5. Metalloproteins: These proteins represent the group of enzymes which require metals as activators. Many
enzymes involved in respiration represent this group of protein.
6. Lecithoproteins: Lecithoproteins contain fats such as lecithin as prosthetic group, eg, white of an egg.
7. Phosphoproteins. These are soluble in alkalis and insoluble in water and contain phosphoric acid as prosthetic
group in them. The common examples are casein in milk and vitelline in egg.
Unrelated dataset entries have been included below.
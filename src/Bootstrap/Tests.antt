-- ===== src/Bootstrap/Tests.antt =====
-- A configuration file and a list of strategies, and the theorems at them.
use qtrade_client.Common.{
  List, String, ◌<>◌, true, false, not, some, [], ◌∷◌, ◌≡◌, refl, string_Eq, ◌==◌, if◌then◌else◌,
}
use qtrade_client.Common.Int.{pos}
use qtrade_client.Common.Dict.{Dict, lookup}
use qtrade_client.Sdk.{ErrorCode}
use qtrade_client.Client.{ServiceConfig}
use qtrade_client.Bridge.Strategy.{StrategyConfig}
use qtrade_client.Bootstrap.{
  JsonOps, parsed, BootstrapConfig, parse_qtrade_engine_bootstrap_config,
  parse_support_service_by_name, find_service, and_then, require,
}
use qtrade_client.Bootstrap.Complete.{IsComplete, parse-IsComplete}
use qtrade_client.Bootstrap.Strategies.{load_strategies, add_all, default_plugin_so_path}

abbrev service : ServiceConfig
service = record { enabled = true; host = "localhost"; port = pos 50_051; timeout_ms = pos 3 }

-- Nodes are known by a name; `log_dir` and `log_filename` have their defaults.
abbrev entries : Dict String String
entries =
    ("config", "config")
    ∷ ("support_services", "support_services")
    ∷ ("identity", "identity")
    ∷ ("strategy", "strategy")
    ∷ ("tenant_id", "t")
    ∷ ("engine_id", "eng")
    ∷ ("account_id", "acc")
    ∷ ("plugin_dir", "plugins")
    ∷ []

abbrev json : JsonOps String
json = record {
  is_object = λ j. not (j == "support_services");
  is_array = λ j. j == "support_services";
  find = λ key j. if key == "name" then some j else lookup key entries;
  elements = λ j. "account_service" ∷ "config_service" ∷ "account_risk_service" ∷ [];
  as_string = λ j. some j;
  parse_endpoint = λ j. some service;
}

abbrev configuration : BootstrapConfig
configuration = record {
  config = record {
    log_dir = "logs";
    log_filename = "trading-engine.log";
    plugin_dir = "plugins";
    identity = record { tenant_id = "t"; engine_id = "eng"; account_id = "acc" };
  };
  support_services = record {
    config_service = service;
    account_service = service;
    account_risk_service = service;
  };
}

file_is_parsed : parse_qtrade_engine_bootstrap_config json "file" ≡ parsed configuration
unfolding parse_qtrade_engine_bootstrap_config parse_support_service_by_name find_service and_then
    require lookup
file_is_parsed = refl

parse-IsComplete_example : IsComplete configuration
parse-IsComplete_example = parse-IsComplete json "file" configuration file_is_parsed

abbrev strategy : String → StrategyConfig
strategy name = record {
  enabled = true;
  strategy_id = name;
  strategy_name = name;
  instruments = [];
  risk = record { order_cooldown_ms = 0; max_position_volume = 0 };
  args = record {
    order_volume = 0;
    window_size = 0;
    order_threshold = 0;
    stop_loss_percent = 0;
    take_profit_percent = 0;
  };
}

abbrev join : String → String → String
join dir name = dir <> "/" <> name

-- An engine that knows the strategy `grid` only and keeps the paths that it is given.
abbrev add : StrategyConfig → String → List String → ErrorCode × List String
add c path paths =
    (if c.strategy_name == "grid" then ErrorCode.success else ErrorCode.not_found, path ∷ paths)

-- The second strategy is refused, and the third is not tried.
load_strategies_stops :
    load_strategies join add "plugins"
      (strategy "grid" ∷ strategy "trend" ∷ strategy "grid" ∷ [])
      []
    ≡ (false, "plugins/libtrend_strategy.so" ∷ "plugins/libgrid_strategy.so" ∷ [])
unfolding load_strategies add_all default_plugin_so_path
load_strategies_stops = refl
10. (III) Derived Proteins:
Derived proteins are the degradation products obtained by hydrolysis of natural proteins
with acids, alkalis, and enzymes. Two categories of such proteins are recognised.
A Primary derived protein
B, Secondary derived proteins
Primary derived proteins: These have been further grouped into two:
i) Metaproteins: Meta Proteins are insoluble in water and dilute salt solution but soluble in
acids and alkalis. These are produced by hydrolysis of natural proteins, by alkalis or
prolonged treatment with acids
ii) Coagulated protein: These are insoluble in water and are produced out of action of heat
or alcohol. These are coagulated with heat, eg coagulated egg white
B) Secondary derived proteins: Three categories of these proteins are recognised
(i) Proteoses: Proteoses are soluble in water but are not coagulated by heat. Commonly
these are produced by prolonged hydrolysis of metaproteins e.g. albuminose from albumin.
(ii) Peptones: Like proteoses, these are soluble in water and are not coagulated by heat.
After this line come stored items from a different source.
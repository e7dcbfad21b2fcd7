-- ===== src/Lib.antt =====
-- CAsterisk, a compiler from a small functional language to LLVM: its parse trees, the graph of
-- expressions that it makes of them, type inference on this graph, the driver that translates it,
-- and the support code around them. All paths are below src/catk unless they begin with src/.
--
-- The parser (syntax) gives a tree whose nodes are tagged with the rule that matched. `Expr::from_ast`
-- (semantics) makes of it a graph of constants, symbols, calls and contexts, which stand in a store
-- that only grows; symbols are found by name in the context that is current. `get_type` (type) walks
-- this graph, keeps what it finds in maps, and clones a lambda for each list of types that it is
-- called with. The driver (behavior/gen_llvm) walks it again and asks an LLVM builder for
-- instructions, by the types that inference gives. Texts are printed through an indenting stream (io).
--
-- Files and sources:
-- - Outcome: utils.hpp, utils.cpp, error/rule_violation.hpp. An exception is a value, without its
--   message; `assert` is taken to be on, and a step without meaning in C++ is the fault `undefined`.
-- - Utils.Escape: utils.hpp, `escape`. Below it, a reader of escaped texts and one of quoted texts.
-- - Syntax.Dot: utils.hpp, `print_dot` of a parse tree, with the addresses and names of nodes as parameters.
-- - Io.FmtDevice and Io.Manipulators: io/fmt_stream.hpp and io/fmt_stream.cpp, `FmtDevice` with all its
--   operations and the manipulators; below FmtDevice, a description that goes byte by byte. The buffer
--   around the device belongs to boost.
-- - Syntax.Ast, Syntax.Parts and Syntax.Visit: syntax/ast.hpp, the functions of syntax/expr.hpp that pick
--   the parts of a node, and src/avalon/mpl/type_visit.hpp with `is_in` of syntax/utils.hpp.
-- - Syntax.Pegtl, Syntax.Grammar and Syntax.Keywords: the grammar of syntax/expr.hpp, a rule for each
--   structure. Matching belongs to PEGTL: it is a parameter, with what PEGTL documents of its rules as the
--   hypothesis. Semantics.PrimaryUnion.Tags has the rule for the tags of integer literals.
-- - Semantics.PrimaryType, Semantics.Op, Semantics.PrimaryUnion: semantics/utils.hpp, semantics/op.hpp,
--   semantics/op.cpp, and `interpret` of the literals in syntax/expr.hpp. The conversions from texts to
--   numbers of boost and the C++ library are the parameter `Numerals`.
-- - Semantics.Graph: memory/vector_based.hpp, semantics/memory.hpp, semantics/utils.cpp and the
--   members of the classes derived from `Expr`. An address is the number of objects that were
--   allocated before; a run returns, throws or runs out of fuel. Graph.Framed and Graph.Ended carry
--   the proofs about what a run leaves alone and that it ends; Graph.Valid says when a store is well
--   formed, and its children how the parts of a run keep it so.
-- - Semantics.FromAst: `from_ast` of semantics/symbol.cpp, constant.cpp, ret_expr.cpp,
--   functional_expr.cpp, context.cpp, module.cpp and expr.cpp, and semantics/function.hpp. Each is
--   written over `rec`, the call of `Expr::from_ast` on a part; Expr ties the knot on fuel, a unit for
--   each level of the tree, so that the depth of the tree is enough.
--   Valid and ValidCalls are about the store that a run leaves.
-- - Semantics.Clone: `dependencies`, `clone` and `deep_clone` of the same classes. A unit of fuel is
--   for each level of the graph.
-- - Semantics.Printer and Semantics.Dump: `dump`, `dump_deps` and `dump_str` of the same classes. The text
--   of a number with a fraction is a parameter; a unit of fuel is for each call that is under way. Dump.Level
--   is about the device, Dump.Literals about constants that were read from literals, Dump.Ranked says when
--   expressions are not circular, and Dump.Fuel and Dump.Ended are about the fuel.
-- - Typing.OpCast, Typing.Types, Typing.Types.Intern: type/op_cast.hpp, type/type.hpp and
--   type/context.hpp. The text of an address is a parameter.
-- - Typing.Typer, Typing.Operators, Typing.Operands, Typing.Infer: type.cpp. `Typer` has the store of
--   expressions, the table of types, `expr_type` and `def_to_inst`. A unit of fuel is for each call of
--   `get_type` under way, and a second number bounds the depth of clones. Typing.Safe carries the
--   proofs about what inference keeps. `bin_op_type` of Typing.Described describes the types of binary
--   operators by their spelling, and Typing.Branches those of an if-else by an order on types.
-- - GenLlvm: behavior/gen_llvm. BinOps has the table of instructions, Legalize the casts and UnaryOps the
--   other operators and constants of value.cpp; the builder and the types of LLVM are the parameter
--   `Llvm`, with what LLVM says of its floating-point types in `HasFloats`.
-- - GenLlvm.Session, CTypes, Types, Contexts and Values: driver.hpp, utils.hpp, type.cpp, context.cpp,
--   driver.cpp, value.cpp and module.cpp: the maps of the driver, the types of LLVM, the structures and
--   functions of contexts, and `translate_value` with each kind of expression. `DriverBuilder` has the
--   calls of LLVM that these make, and the type inference that they ask is the model of Typing. A unit
--   of fuel is for each call of `translate_type` or `translate_value` under way. Steady and Restores
--   carry the proofs about what a run keeps, Again those about asking twice, Minus those about the sign of
--   a number.
-- - Tests: the theorems at concrete inputs, and runs of whole programs: trees to graphs (Trees, Graphs),
--   types (Typed, Inferred), code (Driven), texts (Texts, Dumped, Drawn) and the grammar (Parsed).
--
-- Where no theorem says that fuel is enough (`clone`, `get_type`, the driver), the theorems are
-- about the runs that return, and the tests show runs that do.
--
-- Not modelled: how PEGTL matches a rule and the errors that it prints; `Expr::function`, `opnds` and
-- `opnd_labels`, which assert a rule that the tree never keeps; the lists of types and `debug_id` of
-- src/avalon/mpl and the visitors with virtual functions, which the compiler resolves, so that the
-- chain of tests that they stand for is written out; the wrappers of a module in behavior.cpp,
-- unit.hpp and memory.hpp of behavior, and the class of scontext.hpp that nothing uses; src/catkc.cpp,
-- which reads files and calls the parts.
pub mod Prelude
pub mod Outcome
pub mod Table
pub mod Utils
pub mod Io
pub mod Syntax
pub mod Semantics
pub mod Typing
pub mod GenLlvm
pub mod Tests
Further hydrolysis of proteoses by action of HCL, H2SO4, or certain enzymes yields
peptones. These give biuret test.
(iii) Peptides: These are soluble in water and are not coagulated by heat. Peptides are
produced by extensive hydrolysis with HCl or H2SO4 of natural proteins. They do not give
biuret test.
11. Structure of Proteins
Four basic structural levels of proteins are recognised by modern
biochemists. They are called the primary, secondary, tertiary, and
quaternary structures.
Primary structure:
The primary structure of protein refers to the linear sequence of amino
acid residues making up its polypeptide chain. Disulphide (s-s-) bond is
the other important characteristic of the primary structure. It may be
found among one or between two polypeptide chains. It does not make
protein functional.
Secondary structure:
It refers to the spirally coiled structure of the polypeptide chain called α-
helical form. It is most common structure. It is stabilised by extensive
hydrogen bonding. Hydrogen bonds between the carboxyl and the amino
acid groups of the peptide bonds. (It is formed between H atom attached
to peptide N, and O atom attached to peptide C). salt links and van der
Waals forces help in maintaining the helical structure. The second type is
β pleated sheet composed of two or more segments of fully extended
peptide chains. In β sheets, the hydrogen bonds are formed between the
neighbouring segments of polypeptide chains.
12. Tertiary structure: The term tertiary structure refers to the
arrangement of secondary structures into a three-dimensional (folded
and super folded) structure. Folding normally occurs from interactions
between amino acid residues relatively far apart in the sequence. It
makes the protein functional.
Quaternary structure: It refers to the association of more than one
polypeptide chain to form a stable unit. For example, enzyme
phosphorylase contains two identical subunits. Each subunit when
alone is catalytically inactive but when joined as a dimer forms the
active enzyme. If in the quaternary structure participating units are
similar, it is called homogeneous quaternary structure and if
dissimilar, it is called heterogeneous quaternary structure. A subunit
may also be called protomer, and a protein made up of more than one
protomer would be an oligomeric protein.